[RECORDS FOR THIS TASK — start]

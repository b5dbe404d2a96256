-- ===== src/Docs/Around.antt =====
-- What surrounds the list of servers of a document when the security scheme is added.
use mathlib.Core.List.{append_assoc}
use kratos_micro_layout.Prelude.{
  ◌≡◌, refl, sym, ap, ◌∙◌, arith, Bool, true, false, ◌||◌, List, [], ◌∷◌, ◌++◌, All, Text, codes,
  Bool-cases, inl, inr, ◌⊎◌,
}
use kratos_micro_layout.Text.{has_prefix}
use kratos_micro_layout.Docs.{
  starts_blank, is_blank, is_servers, is_url, url_first, is_components, is_openapi, scheme_lines,
  security_lines,
}
use kratos_micro_layout.Docs.Lines.{inserted, Keeps, Keeps-refl, Keeps-behind, Keeps-inserted}
use kratos_micro_layout.Docs.Inserted.{
  HasBlock, any_line, inserted-append, inserted-HasBlock, inserted_none,
}
use kratos_micro_layout.Docs.Scheme.{componented}

pub url_is_plain : (l : Text) → is_url l ≡ true → (is_components l ≡ false) × (is_openapi l ≡ false)
unfolding is_url is_openapi has_prefix starts_blank is_blank
url_is_plain [] h = ground arith
url_is_plain (c ∷ s) h = ground arith

pub any_line-append :
    (test : Text → Bool) (xs ys : List Text)
    → any_line test (xs ++ ys) ≡ (any_line test xs || any_line test ys)
unfolding any_line
any_line-append test [] ys = refl
any_line-append test (x ∷ xs) ys = ground (arith, any_line-append test xs ys)

pub none_of_urls :
    (test : Text → Bool) (urls : List Text)
    → ((l : Text) → is_url l ≡ true → test l ≡ false)
    → All (λ l. is_url l ≡ true) urls
    → any_line test urls ≡ false
unfolding any_line
none_of_urls test [] plain h = refl
none_of_urls test (l ∷ ls) plain (hl, h) = rw (plain l hl) (none_of_urls test ls plain h)

-- What stands behind a list of servers neither starts another list nor goes on with this one.
abbrev pub Ends : List Text → Type 0
Ends post = (any_line is_servers post ≡ false) × (url_first post ≡ false)

module _ (test : Text → Bool) (block : List Text) (quiet : any_line is_servers block ≡ false) where
  pub inserted_servers :
      (ls : List Text)
      → any_line is_servers ls ≡ false
      → any_line is_servers (inserted test block ls) ≡ false
  unfolding inserted any_line
  inserted_servers [] h = refl
  inserted_servers (l ∷ ls) h = elim (Bool-cases (test l)) [
    | inl here ↦
        rw (here, any_line-append is_servers block, quiet) (ground (arith, inserted_servers ls))
    | inr absent ↦ rw absent (ground (arith, inserted_servers ls))
  ]

  pub inserted-Ends : (ls : List Text) → Ends ls → Ends (inserted test block ls)
  unfolding inserted url_first
  inserted-Ends [] h = h
  inserted-Ends (l ∷ ls) (h, first) = (inserted_servers (l ∷ ls) h, first)

  -- Lines between that fail the test stay together.
  pub inserted_around :
      (pre list post : List Text)
      → any_line test list ≡ false
      → inserted test block (pre ++ (list ++ post))
        ≡ inserted test block pre ++ (list ++ inserted test block post)
  inserted_around pre list post h =
      inserted-append test block pre (list ++ post)
      ∙ ap (λ t. inserted test block pre ++ t)
          (inserted-append test block list post
            ∙ ap (λ t. t ++ inserted test block post) (inserted_none test block list h))

-- What a document keeps around its list of servers when lines are added.
pub record Around (pre post p q : List Text) : Type 0 where
  pub before : Keeps pre p
  pub after : Keeps post q
  pub none_before : any_line is_servers p ≡ false
  pub ends : Ends q
  pub scheme : HasBlock is_components scheme_lines p ⊎ HasBlock is_components scheme_lines q

pub components_end :
    (post : List Text)
    → url_first post ≡ false
    → url_first (post ++ codes "components:" ∷ scheme_lines) ≡ false
unfolding url_first is_url starts_blank
components_end [] h = refl
components_end (l ∷ ls) h = h

scheme_quiet : any_line is_servers scheme_lines ≡ false
unfolding any_line
scheme_quiet = refl

pub security_quiet : any_line is_servers security_lines ≡ false
unfolding any_line
security_quiet = refl

module _ (pre list post : List Text) (hp : any_line is_servers pre ≡ false)
    (plain : any_line is_components list ≡ false) (hq : Ends post) where
  with_present :
      any_line is_components (pre ++ (list ++ post)) ≡ true
      → Around pre post
          (inserted is_components scheme_lines pre)
          (inserted is_components scheme_lines post)
  with_present present = record {
    before = Keeps-inserted is_components scheme_lines pre;
    after = Keeps-inserted is_components scheme_lines post;
    none_before = inserted_servers is_components scheme_lines scheme_quiet pre hp;
    ends = inserted-Ends is_components scheme_lines scheme_quiet post hq;
    scheme = elim (Bool-cases (any_line is_components pre)) [
      | inl here ↦ inl (inserted-HasBlock is_components scheme_lines pre here)
      | inr absent ↦ inr (
          inserted-HasBlock is_components scheme_lines post (
            sym (
              any_line-append is_components pre (list ++ post)
              ∙ rw (absent, any_line-append is_components list post, plain) refl)
            ∙ present))
    ];
  }

  with_none : Around pre post pre (post ++ codes "components:" ∷ scheme_lines)
  unfolding any_line
  with_none = record {
    before = Keeps-refl pre;
    after = Keeps-behind (codes "components:" ∷ scheme_lines) (Keeps-refl post);
    none_before = hp;
    ends = (rw (any_line-append is_servers post, hq.0) refl, components_end post hq.1);
    scheme = inr (record {
      before = post;
      line = codes "components:";
      after = [];
      passes = refl;
      splits = refl;
    });
  }

  pub componented-Around :
      (p : List Text) × (q : List Text) × (componented (pre ++ (list ++ post)) ≡ p ++ (list ++ q))
      × Around pre post p q
  componented-Around = elim (Bool-cases (any_line is_components (pre ++ (list ++ post)))) [
    | inl present ↦ (
      inserted is_components scheme_lines pre,
      inserted is_components scheme_lines post,
      rw present (inserted_around is_components scheme_lines scheme_quiet pre list post plain),
      with_present present,
    )
    | inr absent ↦ (
      pre,
      post ++ codes "components:" ∷ scheme_lines,
      rw absent (append_assoc pre (list ++ post) _ ∙ ap (λ t. pre ++ t) (append_assoc list post _)),
      with_none,
    )
  ]
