-- ===== src/Http/Laws.antt =====
-- Laws of headers.
use kratos_micro_layout.Prelude.{◌≡◌, ◌≢◌, refl, arith, [], ◌∷◌, ◌++◌, Text}
use kratos_micro_layout.Text.Laws.{text_eq_iff, text_eq_refl}
use kratos_micro_layout.Http.{Header, get, del, set, add}

pub get-del_append : (name : Text) (h k : Header) → get name (del name h ++ k) ≡ get name k
unfolding get del
get-del_append name [] k = refl
get-del_append name ((n, v) ∷ h) k = ground (arith, get-del_append name h k)

-- A field that was set is read back.
pub get-set_self : (name value : Text) (h : Header) → get name (set name value h) ≡ value
unfolding set
get-set_self name value h = rw get-del_append (unfold get in rw (text_eq_refl name))

del-append_other :
    (name other : Text) (value : Text) (h : Header)
    → other ≢ name
    → get other (del name h ++ (name, value) ∷ []) ≡ get other h
unfolding get del
del-append_other name other value [] ne = ground (arith, text_eq_iff name other)
del-append_other name other value ((n, v) ∷ h) ne =
    ground (arith, text_eq_iff n name, text_eq_iff n other, del-append_other name other value h ne)

-- Setting a field leaves the others as they were.
pub get-set_ne :
    (name other value : Text) (h : Header)
    → other ≢ name
    → get other (set name value h) ≡ get other h
unfolding set
get-set_ne name other value h ne = del-append_other name other value h ne

-- Adding a field leaves the others as they were.
pub get-add_ne :
    (name other value : Text) (h : Header)
    → other ≢ name
    → get other (add name value h) ≡ get other h
unfolding add get
get-add_ne name other value [] ne = ground (arith, text_eq_iff name other)
get-add_ne name other value ((n, v) ∷ h) ne = ground (arith, get-add_ne name other value h ne)
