-- ===== src/Docs/Servers.antt =====
-- The servers of a served document.
use kratos_micro_layout.Prelude.{
  ◌≡◌, refl, sym, ap, ◌∙◌, arith, Bool, true, false, ◌&&◌, none, some, List, [], ◌∷◌, ◌++◌, All,
  Text, codes,
}
use mathlib.Core.List.{append_assoc}
use kratos_micro_layout.Http.{
  Request, Writer, Header, get, set, set_header, write, write_header, content_type, status_ok,
}
use kratos_micro_layout.Http.Laws.{get-set_self}
use kratos_micro_layout.Docs.{
  lines, unlines, is_servers, is_url, url_first, replace_servers, servers_block, origin,
  handle_spec,
}
use kratos_micro_layout.Docs.Lines.{IsLine, lines-unlines, unlines-append}
use kratos_micro_layout.Docs.Inserted.{any_line}

-- Without a line `servers:` that starts a list of urls nothing is replaced.
replace_servers_none :
    (block : Text) (inside : Bool) (ls : List Text) (last : Text)
    → any_line is_servers ls ≡ false
    → (inside && url_first ls) ≡ false
    → replace_servers block inside ls last ≡ unlines ls last
unfolding replace_servers any_line unlines url_first
replace_servers_none block inside [] last h out = refl
replace_servers_none block inside (l ∷ ls) last h out =
    ground (arith, replace_servers_none block false ls last)

-- A list of urls inside a match is left out.
replace_servers_urls :
    (block : Text) (urls post : List Text) (last : Text)
    → All (λ l. is_url l ≡ true) urls
    → any_line is_servers post ≡ false
    → url_first post ≡ false
    → replace_servers block true (urls ++ post) last ≡ unlines post last
unfolding replace_servers
replace_servers_urls block [] post last h none_left ends =
    replace_servers_none block true post last none_left ends
replace_servers_urls block (u ∷ urls) post last (hu, h) none_left ends =
    ground (arith, replace_servers_urls block urls post last h none_left ends)

replace_servers_list :
    (block : Text) (pre urls post : List Text) (u last : Text)
    → any_line is_servers pre ≡ false
    → All (λ l. is_url l ≡ true) (u ∷ urls)
    → any_line is_servers post ≡ false
    → url_first post ≡ false
    → replace_servers block false (pre ++ codes "servers:" ∷ u ∷ (urls ++ post)) last
      ≡ unlines pre (block ++ unlines post last)
unfolding replace_servers any_line unlines url_first
replace_servers_list block [] urls post u last hp hu none_left ends =
    rw hu.0 (ap (λ t. block ++ t) (replace_servers_urls block urls post last hu.1 none_left ends))
replace_servers_list block (l ∷ pre) urls post u last hp hu none_left ends =
    ground (arith, replace_servers_list block pre urls post u last)

-- The block that stands for the servers, as lines.
abbrev block_lines : Request → List Text
block_lines req = codes "servers:" ∷ (codes "    - url: " ++ origin req) ∷ []

servers_block-append :
    (req : Request) (t : Text) → servers_block req ++ t ≡ unlines (block_lines req) t
unfolding unlines
servers_block-append req t =
    ap (λ s. codes "servers:" ++ (10 ∷ (codes "    - url: " ++ s)))
      (append_assoc (origin req) (10 ∷ []) t)

-- What a client gets: the status 200 under this header, and this body.
abbrev pub Serves : Text → Writer → Type 0
Serves body w =
    (h : Header) × (w.sent ≡ some (status_ok, h))
    × (get (codes "Cache-Control") h ≡ codes "no-store")
    × (w.body ≡ body)

handle_spec-Serves :
    (doc : Text) (ls : List Text) (last body : Text) (req : Request) (w : Writer)
    → lines doc ≡ (ls, last)
    → replace_servers (servers_block req) false ls last ≡ body
    → w.sent ≡ none
    → w.body ≡ []
    → w.gone ≡ false
    → Serves body (handle_spec doc req w)
unfolding handle_spec write write_header set_header
handle_spec-Serves doc ls last body req w split replaced unsent empty here =
    let typed = set content_type (codes "application/yaml; charset=utf-8") w.header in
    (
      set (codes "Cache-Control") (codes "no-store") typed,
      ground arith,
      get-set_self (codes "Cache-Control") (codes "no-store") typed,
      ground arith,
    )

-- A document with one list of servers is served with the list that names only the origin of the
-- request, all its other lines as they are, and never from a cache.
pub handle_spec_lem :
    (pre urls post : List Text) (u last : Text) (req : Request) (w : Writer)
    → All IsLine (pre ++ codes "servers:" ∷ u ∷ (urls ++ post))
    → IsLine last
    → any_line is_servers pre ≡ false
    → All (λ l. is_url l ≡ true) (u ∷ urls)
    → any_line is_servers post ≡ false
    → url_first post ≡ false
    → w.sent ≡ none
    → w.body ≡ []
    → w.gone ≡ false
    → Serves
        (unlines (pre ++ codes "servers:" ∷ (codes "    - url: " ++ origin req) ∷ post) last)
        (handle_spec (unlines (pre ++ codes "servers:" ∷ u ∷ (urls ++ post)) last) req w)
handle_spec_lem pre urls post u last req w all_lines last_line hp hu none_left ends unsent empty
      here =
    let ls = pre ++ codes "servers:" ∷ u ∷ (urls ++ post) in
    handle_spec-Serves (unlines ls last) ls last _ req w (lines-unlines ls last all_lines last_line)
      (replace_servers_list (servers_block req) pre urls post u last hp hu none_left ends
        ∙ ap (unlines pre) (servers_block-append req (unlines post last))
        ∙ (unfold unlines in sym (unlines-append pre (block_lines req ++ post) last)))
      unsent empty here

[RECORDS FOR THIS TASK — finish]

→ TO DO
Where does "module" occur in the data? Copy each line that has it.

→ ANSWER BOX
module _ (test : Text → Bool) (block : List Text) (quiet : any_line is_servers block ≡ false) where
module _ (pre list post : List Text) (hp : any_line is_servers pre ≡ false)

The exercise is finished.